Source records
[Start of section]
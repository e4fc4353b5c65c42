-- ===== src/Custody/Transitions.antt =====
-- Custody under the single transitions of the contract.
use clustly_solana_escrow.Base.{ℕ, zero, suc, ◌+◌, ◌-◌, ◌*◌, ◌≤◌, ◌≡◌, ◌≢◌, refl, ◌∙◌, arith}
use clustly_solana_escrow.State.{
  Pubkey, EscrowConfig, EscrowTask, EscrowClaim, task_status, set_claim_status, open_task,
}
use clustly_solana_escrow.Platform.{Ledger, Platform, balance_of}
use clustly_solana_escrow.Platform.Laws.{Laws}
use clustly_solana_escrow.World.{World, Env, config_account, claim_account}
use clustly_solana_escrow.Contract.Reasons.{ConfigAt, TaskAt, ClaimAt}
use clustly_solana_escrow.Contract.Claims.{Paid, Refunded, ClaimMoved, SlotTaken}
use clustly_solana_escrow.Contract.Tasks.{FeesTaken, Reconfigured}
use clustly_solana_escrow.Custody.Spending.{
  Spends, Spends-none, transfer-Spends, PaidOut-Spends, AccountReady-Spends,
}
use clustly_solana_escrow.Custody.Defs.{unsettled, Covered, Custody, Covered-others}
use clustly_solana_escrow.Custody.Writes.{written-Custody, once-Custody}

-- A task after one more settlement: what it owes falls by the bounty.
spend_one : (b n x y : ℕ) → b * n ≤ x → x ≤ y + b → b * (n - 1) ≤ y
spend_one b zero x y h g = grind arith
spend_one b (suc n) x y h g = grind arith

module _ {p : Platform} (laws : Laws p) (mint : Pubkey) where
  settle-Covered :
      (k : Pubkey) (t t' : EscrowTask) (l l' : Ledger)
      → Spends k t.bounty l l'
      → t'.bounty ≡ t.bounty
      → unsettled t' ≡ unsettled t - 1
      → Covered p mint l k t
      → Covered p mint l' k t'
  settle-Covered k t t' l l' s b u (owned, enough) = (
    s.owners (p.associated_token k mint) k owned,
    rw (b, u)
        (spend_one t.bounty (unsettled t) (balance_of (l (p.associated_token k mint)))
          (balance_of (l' (p.associated_token k mint))) enough
          (s.bounded (p.associated_token k mint))),
  )

  still_open :
      (t : EscrowTask) (a r : ℕ)
      → task_status (record t { slots_approved = a; slots_refunded = r }) ≡ open_task
      → task_status t ≡ open_task
  unfolding task_status
  still_open t a r h = h

  pub Paid-Custody :
      {env : Env} {w w' : World} → Custody p mint w → Paid p env w w' → Custody p mint w'
  Paid-Custody {w} c m =
      let f = m.facts in
      let a = m.keys in
      let t = m.task in
      let t' : EscrowTask = record t { slots_approved = t.slots_approved + 1 } in
      let s : Spends a.task t.bounty w.ledger m.settled.ledger =
        PaidOut-Spends laws f.vault_is.0 m.settled in
      rw m.settled.written (
        written-Custody p mint w a.task a.claim t t' (set_claim_status m.final m.claim)
          m.settled.ledger c f.task_is.0 (rw f.claim_is.0 f.belongs) s.keeps
          (λ op. settle-Covered a.task t t' w.ledger m.settled.ledger s refl (omega arith) (
            c.covered a.task t f.task_is.0
              (still_open t (t.slots_approved + 1) t.slots_refunded op))))

  pub Refunded-Custody :
      {env : Env} {w w' : World} → Custody p mint w → Refunded p env w w' → Custody p mint w'
  Refunded-Custody {w} c m =
      let t = m.task in
      let t' : EscrowTask = record t { slots_refunded = t.slots_refunded + 1 } in
      let s =
        transfer-Spends laws w.ledger m.vault m.poster_ata m.task_key t.bounty m.ledger m.task_key
          m.vault_owned m.transferred in
      rw m.written (
        written-Custody p mint w m.task_key m.claim_key t t' m.claim' m.ledger c m.task_at
          (rw m.claim_at m.belongs) s.keeps
          (λ op. settle-Covered m.task_key t t' w.ledger m.ledger s refl (omega arith) (
            c.covered m.task_key t m.task_at
              (still_open t t.slots_approved (t.slots_refunded + 1) op))))

  pub SlotTaken-Custody :
      {env : Env} {w w' : World} → Custody p mint w → SlotTaken p env w w' → Custody p mint w'
  SlotTaken-Custody {w} c m =
      let t = m.task in
      let t' : EscrowTask = record t { slots_enrolled = t.slots_enrolled + 1 } in
      let s =
        AccountReady-Spends laws w.ledger m.ata m.mint m.claim.claimer m.ledger m.task_key
          m.account_ready in
      rw m.written (
        written-Custody p mint w m.task_key m.claim_key t t' m.claim m.ledger c m.task_at
          (rw m.unused tt) s.keeps
          (λ op.
            let (owned, enough) = c.covered m.task_key t m.task_at m.is_open_task in
            (
              s.owners (p.associated_token m.task_key mint) m.task_key owned,
              omega (arith, enough, s.bounded (p.associated_token m.task_key mint)),
            )))

  no_claim :
      (w : World) (k : Pubkey) (c : EscrowClaim) (d : EscrowConfig)
      → ClaimAt w k c
      → ConfigAt w k d
      → ⊥
  no_claim w k c d h g = ground arith

  pub ClaimMoved-Custody :
      {env : Env} {w w' : World} → Custody p mint w → ClaimMoved env w w' → Custody p mint w'
  ClaimMoved-Custody {w} c m = rw m.written (
      once-Custody p mint w m.claim_key (claim_account m.claim') w.ledger m.claim_key c
        (λ d h. absurd (no_claim w m.claim_key m.claim d m.claim_at h)) (λ d h. cc)
        (Spends-none m.claim_key w.ledger).keeps (λ k t h ne. ne) (λ t h op. cc))

  -- A task and the configuration stand under different keys.
  config_apart :
      (w : World) (j k : Pubkey) (d : EscrowConfig) (t : EscrowTask)
      → ConfigAt w j d
      → TaskAt w k t
      → k ≢ j
  config_apart w j k d t at ht same = ground arith

  config_case :
      (c d : EscrowConfig) → config_account d ≡ config_account c → d.usdc_mint ≡ c.usdc_mint
  config_case c d h = ground arith

  pub Reconfigured-Custody :
      {env : Env} {w w' : World} → Custody p mint w → Reconfigured env w w' → Custody p mint w'
  Reconfigured-Custody {w} c m = rw m.written (
      once-Custody p mint w m.config_key (config_account m.config') w.ledger m.config_key c
        (λ d h. (m.config', refl))
        (λ d h.
          config_case m.config' d h ∙ m.same_mint ∙ c.pinned m.config_key m.config m.config_at)
        (Spends-none m.config_key w.ledger).keeps (λ k t h ne. ne) (λ t h op. cc))

  pub FeesTaken-Custody :
      {env : Env} {w w' : World} → Custody p mint w → FeesTaken p env w w' → Custody p mint w'
  FeesTaken-Custody {w} c m =
      let s =
        transfer-Spends laws w.ledger m.fee_vault m.destination m.config_key m.amount m.ledger
          m.config_key m.fee_owned m.transferred in
      rw m.written (record {
        configured = c.configured;
        pinned = c.pinned;
        covered = λ k t h op.
            Covered-others p mint m.config_key k t w.ledger m.ledger s.keeps
              (config_apart w m.config_key k m.config t m.config_at h) (c.covered k t h op);
      })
[End of section]
What the task requires
Every record is to be written out verbatim.

Your solution
repository e4fc4353b5c65c42
-- ===== src/Custody/Transitions.antt =====
-- Custody under the single transitions of the contract.
use clustly_solana_escrow.Base.{ℕ, zero, suc, ◌+◌, ◌-◌, ◌*◌, ◌≤◌, ◌≡◌, ◌≢◌, refl, ◌∙◌, arith}
use clustly_solana_escrow.State.{
  Pubkey, EscrowConfig, EscrowTask, EscrowClaim, task_status, set_claim_status, open_task,
}
use clustly_solana_escrow.Platform.{Ledger, Platform, balance_of}
use clustly_solana_escrow.Platform.Laws.{Laws}
use clustly_solana_escrow.World.{World, Env, config_account, claim_account}
use clustly_solana_escrow.Contract.Reasons.{ConfigAt, TaskAt, ClaimAt}
use clustly_solana_escrow.Contract.Claims.{Paid, Refunded, ClaimMoved, SlotTaken}
use clustly_solana_escrow.Contract.Tasks.{FeesTaken, Reconfigured}
use clustly_solana_escrow.Custody.Spending.{
  Spends, Spends-none, transfer-Spends, PaidOut-Spends, AccountReady-Spends,
}
use clustly_solana_escrow.Custody.Defs.{unsettled, Covered, Custody, Covered-others}
use clustly_solana_escrow.Custody.Writes.{written-Custody, once-Custody}

-- A task after one more settlement: what it owes falls by the bounty.
spend_one : (b n x y : ℕ) → b * n ≤ x → x ≤ y + b → b * (n - 1) ≤ y
spend_one b zero x y h g = grind arith
spend_one b (suc n) x y h g = grind arith

module _ {p : Platform} (laws : Laws p) (mint : Pubkey) where
  settle-Covered :
      (k : Pubkey) (t t' : EscrowTask) (l l' : Ledger)
      → Spends k t.bounty l l'
      → t'.bounty ≡ t.bounty
      → unsettled t' ≡ unsettled t - 1
      → Covered p mint l k t
      → Covered p mint l' k t'
  settle-Covered k t t' l l' s b u (owned, enough) = (
    s.owners (p.associated_token k mint) k owned,
    rw (b, u)
        (spend_one t.bounty (unsettled t) (balance_of (l (p.associated_token k mint)))
          (balance_of (l' (p.associated_token k mint))) enough
          (s.bounded (p.associated_token k mint))),
  )

  still_open :
      (t : EscrowTask) (a r : ℕ)
      → task_status (record t { slots_approved = a; slots_refunded = r }) ≡ open_task
      → task_status t ≡ open_task
  unfolding task_status
  still_open t a r h = h

  pub Paid-Custody :
      {env : Env} {w w' : World} → Custody p mint w → Paid p env w w' → Custody p mint w'
  Paid-Custody {w} c m =
      let f = m.facts in
      let a = m.keys in
      let t = m.task in
      let t' : EscrowTask = record t { slots_approved = t.slots_approved + 1 } in
      let s : Spends a.task t.bounty w.ledger m.settled.ledger =
        PaidOut-Spends laws f.vault_is.0 m.settled in
      rw m.settled.written (
        written-Custody p mint w a.task a.claim t t' (set_claim_status m.final m.claim)
          m.settled.ledger c f.task_is.0 (rw f.claim_is.0 f.belongs) s.keeps
          (λ op. settle-Covered a.task t t' w.ledger m.settled.ledger s refl (omega arith) (
            c.covered a.task t f.task_is.0
              (still_open t (t.slots_approved + 1) t.slots_refunded op))))

  pub Refunded-Custody :
      {env : Env} {w w' : World} → Custody p mint w → Refunded p env w w' → Custody p mint w'
  Refunded-Custody {w} c m =
      let t = m.task in
      let t' : EscrowTask = record t { slots_refunded = t.slots_refunded + 1 } in
      let s =
        transfer-Spends laws w.ledger m.vault m.poster_ata m.task_key t.bounty m.ledger m.task_key
          m.vault_owned m.transferred in
      rw m.written (
        written-Custody p mint w m.task_key m.claim_key t t' m.claim' m.ledger c m.task_at
          (rw m.claim_at m.belongs) s.keeps
          (λ op. settle-Covered m.task_key t t' w.ledger m.ledger s refl (omega arith) (
            c.covered m.task_key t m.task_at
              (still_open t t.slots_approved (t.slots_refunded + 1) op))))

  pub SlotTaken-Custody :
      {env : Env} {w w' : World} → Custody p mint w → SlotTaken p env w w' → Custody p mint w'
  SlotTaken-Custody {w} c m =
      let t = m.task in
      let t' : EscrowTask = record t { slots_enrolled = t.slots_enrolled + 1 } in
      let s =
        AccountReady-Spends laws w.ledger m.ata m.mint m.claim.claimer m.ledger m.task_key
          m.account_ready in
      rw m.written (
        written-Custody p mint w m.task_key m.claim_key t t' m.claim m.ledger c m.task_at
          (rw m.unused tt) s.keeps
          (λ op.
            let (owned, enough) = c.covered m.task_key t m.task_at m.is_open_task in
            (
              s.owners (p.associated_token m.task_key mint) m.task_key owned,
              omega (arith, enough, s.bounded (p.associated_token m.task_key mint)),
            )))

  no_claim :
      (w : World) (k : Pubkey) (c : EscrowClaim) (d : EscrowConfig)
      → ClaimAt w k c
      → ConfigAt w k d
      → ⊥
  no_claim w k c d h g = ground arith

  pub ClaimMoved-Custody :
      {env : Env} {w w' : World} → Custody p mint w → ClaimMoved env w w' → Custody p mint w'
  ClaimMoved-Custody {w} c m = rw m.written (
      once-Custody p mint w m.claim_key (claim_account m.claim') w.ledger m.claim_key c
        (λ d h. absurd (no_claim w m.claim_key m.claim d m.claim_at h)) (λ d h. cc)
        (Spends-none m.claim_key w.ledger).keeps (λ k t h ne. ne) (λ t h op. cc))

  -- A task and the configuration stand under different keys.
  config_apart :
      (w : World) (j k : Pubkey) (d : EscrowConfig) (t : EscrowTask)
      → ConfigAt w j d
      → TaskAt w k t
      → k ≢ j
  config_apart w j k d t at ht same = ground arith

  config_case :
      (c d : EscrowConfig) → config_account d ≡ config_account c → d.usdc_mint ≡ c.usdc_mint
  config_case c d h = ground arith

  pub Reconfigured-Custody :
      {env : Env} {w w' : World} → Custody p mint w → Reconfigured env w w' → Custody p mint w'
  Reconfigured-Custody {w} c m = rw m.written (
      once-Custody p mint w m.config_key (config_account m.config') w.ledger m.config_key c
        (λ d h. (m.config', refl))
        (λ d h.
          config_case m.config' d h ∙ m.same_mint ∙ c.pinned m.config_key m.config m.config_at)
        (Spends-none m.config_key w.ledger).keeps (λ k t h ne. ne) (λ t h op. cc))

  pub FeesTaken-Custody :
      {env : Env} {w w' : World} → Custody p mint w → FeesTaken p env w w' → Custody p mint w'
  FeesTaken-Custody {w} c m =
      let s =
        transfer-Spends laws w.ledger m.fee_vault m.destination m.config_key m.amount m.ledger
          m.config_key m.fee_owned m.transferred in
      rw m.written (record {
        configured = c.configured;
        pinned = c.pinned;
        covered = λ k t h op.
            Covered-others p mint m.config_key k t w.ledger m.ledger s.keeps
              (config_apart w m.config_key k m.config t m.config_at h) (c.covered k t h op);
      })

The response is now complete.